As technology continues to advance and evolve, innovators are constantly creating new ways to detect, diagnose, and treat disease with the help of medical imaging technology—including 3D and 4D models that push the frontiers of medical science. Advancements in 3D and 4D imaging technology facilitate efficient and accurate real-time visualization of the human body while minimizing distortion for the patient.
Examples
4D Medical Imaging and 4D Radiation Therapy: 4D medical imaging (4DMI) enhances the performance of volumetric imaging techniques, including CT, MRI, PET and ultrasound beyond three dimensions by incorporating time information. By utilizing respiratory gating or motion tracking techniques, this technology helps to minimize the artifacts and uncertainties created as a result of patients’ movement during the process, which is often unavoidable. From monitoring fetal heartbeats to identifying potentially cancerous tumors, 4D medical imaging enhances the quality of images and accuracy of diagnoses. 4D medical imaging makes it possible for oncologists to provide state-of-the-art 4D radiation therapy (4DRT). 4DRT compensates for unavoidable movements and motions (such as patient breathing) to deliver more precise, accurate care. In turn, this helps to minimize damage to healthy tissue and maximizes radiation dose to the target tissue.

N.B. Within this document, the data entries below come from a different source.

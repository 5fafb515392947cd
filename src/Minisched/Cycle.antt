-- ===== src/Minisched/Cycle.antt =====
-- minisched/minisched.go: scheduleOne, the goroutine that binds, ErrorFunc and GetWaitingPod. What
-- the API server, the clock and rand.Intn answer are arguments.
pub mod Justified
pub mod Accounts
pub mod Goroutine
pub mod Numbers
pub mod Phases
use mini_kube_scheduler.Common.{
  ℕ, Bool, List, [], ◌∷◌, Option, none, some, not, ◌&&◌, if◌then◌else◌,
}
use mini_kube_scheduler.Common.Keys.{Text, str, text_eq}
use mini_kube_scheduler.Common.Maps.{lookup}
use mini_kube_scheduler.Framework.{Framework, Pod, Node, NodeScore, is_wait_code}
use mini_kube_scheduler.Queue.Types.{QueuedPodInfo}
use mini_kube_scheduler.Queue.Ops.{next_pod, add_unschedulable}
use mini_kube_scheduler.WaitingPod.{WaitingPod}
use mini_kube_scheduler.Minisched.Types.{Scheduler, Error, fit_error, other}
use mini_kube_scheduler.Minisched.Filters.{Filtered, feasible, unfit, run_filter_plugins}
use mini_kube_scheduler.Minisched.Scores.{
  Flow, goes_on, returns, panics, run_pre_score_plugins, run_score_plugins,
}
use mini_kube_scheduler.Minisched.Select.{select_host}
use mini_kube_scheduler.Minisched.Permits.{PermitRun, run_permit_plugins, wait_on_permit}

-- What the API server, the clock and rand.Intn answer during a cycle: the list of nodes or the
-- text of an error, the time, and the draws.
pub data NodeList : Type 0 where
  listed : List Node → NodeList
  list_error : (text : Text) → NodeList

pub record Answers : Type 0 where
  pub nodes : NodeList
  pub now : ℕ
  pub intn : ℕ → ℕ → ℕ

-- A goroutine that is to bind a pod.
pub record Binding : Type 0 where
  pub pod : Pod
  pub node_name : Text

module _ ⦃fw : Framework⦄ where
  -- A QueuedPodInfo with zero values but for the pod; a nil error is `none`.
  unfoldable pub info_of : Pod → Option Error → QueuedPodInfo
  info_of pod err = record {
    pod_info = fw.new_pod_info pod;
    timestamp = 0;
    attempts = 0;
    initial_attempt_timestamp = 0;
    unschedulable_plugins = elim err [
      | some e ↦ elim e [ fit_error plugins ↦ plugins | other text ↦ fw.new_string [] ]
      | none ↦ fw.new_string []
    ];
  }

  unfoldable pub error_func : (now : ℕ) → Pod → Option Error → Scheduler → Scheduler
  unfolding info_of
  error_func now pod err sched = record sched {
    scheduling_queue = add_unschedulable now sched.scheduling_queue (info_of pod err);
  }

  unfoldable pub get_waiting_pod : (uid : Text) → Scheduler → Option WaitingPod
  get_waiting_pod uid sched = lookup uid sched.waiting_pods

  -- How a call of scheduleOne ends: it spins on the empty queue, a plugin panics, the pod is put
  -- back, or a goroutine is started; `allows` are the Allow calls that plugins started.
  pub data Cycle : Type 0 where
    spins panicked : Cycle
    puts_back : (allows : List (Text × ℕ)) → Scheduler → Cycle
    binds : Binding → (allows : List (Text × ℕ)) → Scheduler → Cycle

  module _ (a : Answers) (pod : Pod) (sched : Scheduler) where
    permit_phase : fw.CycleState → (node_name : Text) → Cycle
    permit_phase state node_name =
        elim (run_permit_plugins a.now state pod node_name sched.permit_plugins
          sched.waiting_pods) [
            | none ↦ panicked
            | some r ↦
                let sched' = record sched { waiting_pods = r.waiting_pods } in
                if not (is_wait_code (fw.code r.status)) && not (fw.is_success r.status)
                then puts_back r.allows (error_func a.now pod none sched')
                else binds (record { pod = pod; node_name = node_name }) r.allows sched'
          ]

    select_phase : fw.CycleState → List NodeScore → Cycle
    unfolding permit_phase
    select_phase state scores = elim (select_host a.intn scores) [
      | none ↦ puts_back [] (error_func a.now pod (some (other (str "empty priorityList"))) sched)
      | some node_name ↦ permit_phase state node_name
    ]

    score_phase : fw.CycleState → List Node → Cycle
    unfolding select_phase
    score_phase state nodes = elim (run_score_plugins state pod sched.score_plugins nodes) [
      | panics ↦ panicked
      | returns status ↦ puts_back [] (error_func a.now pod none sched)
      | goes_on scores ↦ select_phase state scores
    ]

    pre_score_phase : fw.CycleState → List Node → Cycle
    unfolding score_phase
    pre_score_phase state nodes =
        elim (run_pre_score_plugins sched.pre_score_plugins state pod nodes) [
          | panics ↦ panicked
          | returns status ↦ puts_back [] (error_func a.now pod none sched)
          | goes_on state' ↦ score_phase state' nodes
        ]

    filter_phase : List Node → Cycle
    unfolding pre_score_phase
    filter_phase nodes =
        elim (run_filter_plugins fw.new_cycle_state pod sched.filter_plugins nodes) [
          | unfit e ↦ puts_back [] (error_func a.now pod (some e) sched)
          | feasible nodes' ↦ pre_score_phase fw.new_cycle_state nodes'
        ]

    unfoldable pub schedule_pod : Cycle
    unfolding filter_phase
    schedule_pod = elim a.nodes [
      | list_error text ↦ puts_back [] (error_func a.now pod (some (other text)) sched)
      | listed nodes ↦ filter_phase nodes
    ]

  unfoldable pub schedule_one : Answers → Scheduler → Cycle
  unfolding schedule_pod
  schedule_one a sched = elim (next_pod sched.scheduling_queue) [
    | none ↦ spins
    | some (pod, queue) ↦ schedule_pod a pod (record sched { scheduling_queue = queue })
  ]

  -- How the goroutine ends, if it is not blocked: the pod is put back, or bound.
  pub data Outcome : Type 0 where
    blocked : Outcome
    fails : Scheduler → Outcome
    bound : Scheduler → Outcome

  -- Bind sends the binding to the API server; `some` is the text of its error.
  unfoldable pub bind_pod : (now : ℕ) (answer : Option Text) → Binding → Scheduler → Outcome
  bind_pod now answer b sched = elim answer [
    | none ↦ bound sched
    | some text ↦ fails (error_func now b.pod (some (other text)) sched)
  ]

  unfoldable pub binding_cycle : (now : ℕ) (answer : Option Text) → Binding → Scheduler → Outcome
  unfolding bind_pod
  binding_cycle now answer b sched = elim (wait_on_permit b.pod sched.waiting_pods) [
    | none ↦ blocked
    | some (status, waiting_pods) ↦
        let sched' = record sched { waiting_pods = waiting_pods } in
        if fw.is_success status
        then bind_pod now answer b sched'
        else fails (error_func now b.pod none sched')
  ]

Bronchoscopy: Children suffering from serious respiratory ailments often undergo bronchoscopy, an invasive procedure requiring anesthesia and often results in an overnight hospital stay. Now, multi-detector computed tomography (MDCT) is being used to image tiny lungs without subjecting children to anesthesia or a tube. Special post-processing analysis of CT scans means that this non-invasive procedure can match nearly all of the clinical and anatomical information gained from bronchoscopies. Plus, CT scans can see beyond airways to determine the potential cause of any narrowing, which helps doctors discriminate masses from blood vessels more accurately.
Mammography Breast tomosynthesis is used to screen an estimated three million women annually in the United States, including those with severe arthritis, osteoporosis and other conditions that make it difficult to image their breasts clearly using conventional mammography. Tomosynthesis combines multiple digital X-rays to produce a clear, 3D image that can see through overlapping breast tissue to confirm whether suspicious breast abnormalities are cancerous. Tomosynthesis also provides an image of the entire breast, which is important because 15 percent of women diagnosed with breast cancer have another tumor in the same or other breast. Thanks to a new technology called stereoscopic 3D mammography, fewer women are likely to get called back for additional testing after undergoing traditional mammography screening. In a clinical trial of 1,093 women, stereoscopic digital mammography detected more true lesions than standard digital mammography and reduced false-positive findings by nearly half. The 90.9 percent accuracy of stereoscopic digital mammography—compared with 87.4 percent for standard mammography – also means earlier detection of tumors.
Fetal Health Since its introduction in Scotland in the 1950s, ultrasound has been used to confirm pregnancy, determine fetal gender, detect life-threatening abnormalities of the heart, spine and brain and guide in-utero surgery. Now, 4D ultrasound provides an even more dynamic image with high-frequency sound waves that capture images from multiple angles, granting three-dimensional depth and detail to show real-time movement. This technology is used to investigate life in utero and help physicians identify signs of abnormal fetal behavior, which may be an early indication of neurological problems.
Gallstones Gallstones are one of the first things physicians consider when a patient arrives in the emergency room with sudden, severe pain in the upper right side of the abdomen. For patients who do not have gallstones, 4D ultrasound can help the physician rule out other potential conditions such as gallbladder dyskinesia, which requires a gallbladder ejection fraction test. Unlike traditional 4D imaging, fly thru ultrasound creates the view of being inside the body during an endoscopic medical procedure. That makes it possible to see a polyp from inside the colon and then to reverse the perspective to determine its depth. This technology can detect gallstones and capture a 360-degree image of their surface, monitor a pregnancy and scan the inside of the aorta.
Visualizing Blood Flow Accurately measuring blood flow through key vessels before and after treatment for heart attack and stroke has long been a challenge. 4D magnetic resonance imaging (MRI) provides a non-invasive way to measure and visualize complex blood flow in individual arteries. It also allows physicians to evaluate the entire cardiovascular system, including the heart, adjacent aorta, and carotid arteries in the neck as well as abdominal and peripheral vessels. Experts now point to the potential for 4D MRI to be used to monitor other systems in the body, including respiration. Each year, an estimated 95,000 people in the United States have their heart valves replaced. For inoperable or high-risk patients, a new, minimally invasive procedure called transcatheter aortic valve replacement can cut the odds of repeat hospitalization by 50 percent. However, positioning the new valve can be tricky, since no two hearts are exactly the same. 3D angiography imaging software now provides vital information about a patient’s anatomy to help guide these complex procedures. Used during live fluoroscopy, 3D angiography enables the physician to obtain real-time 3D guidance while navigating an aortic valve to its intended location.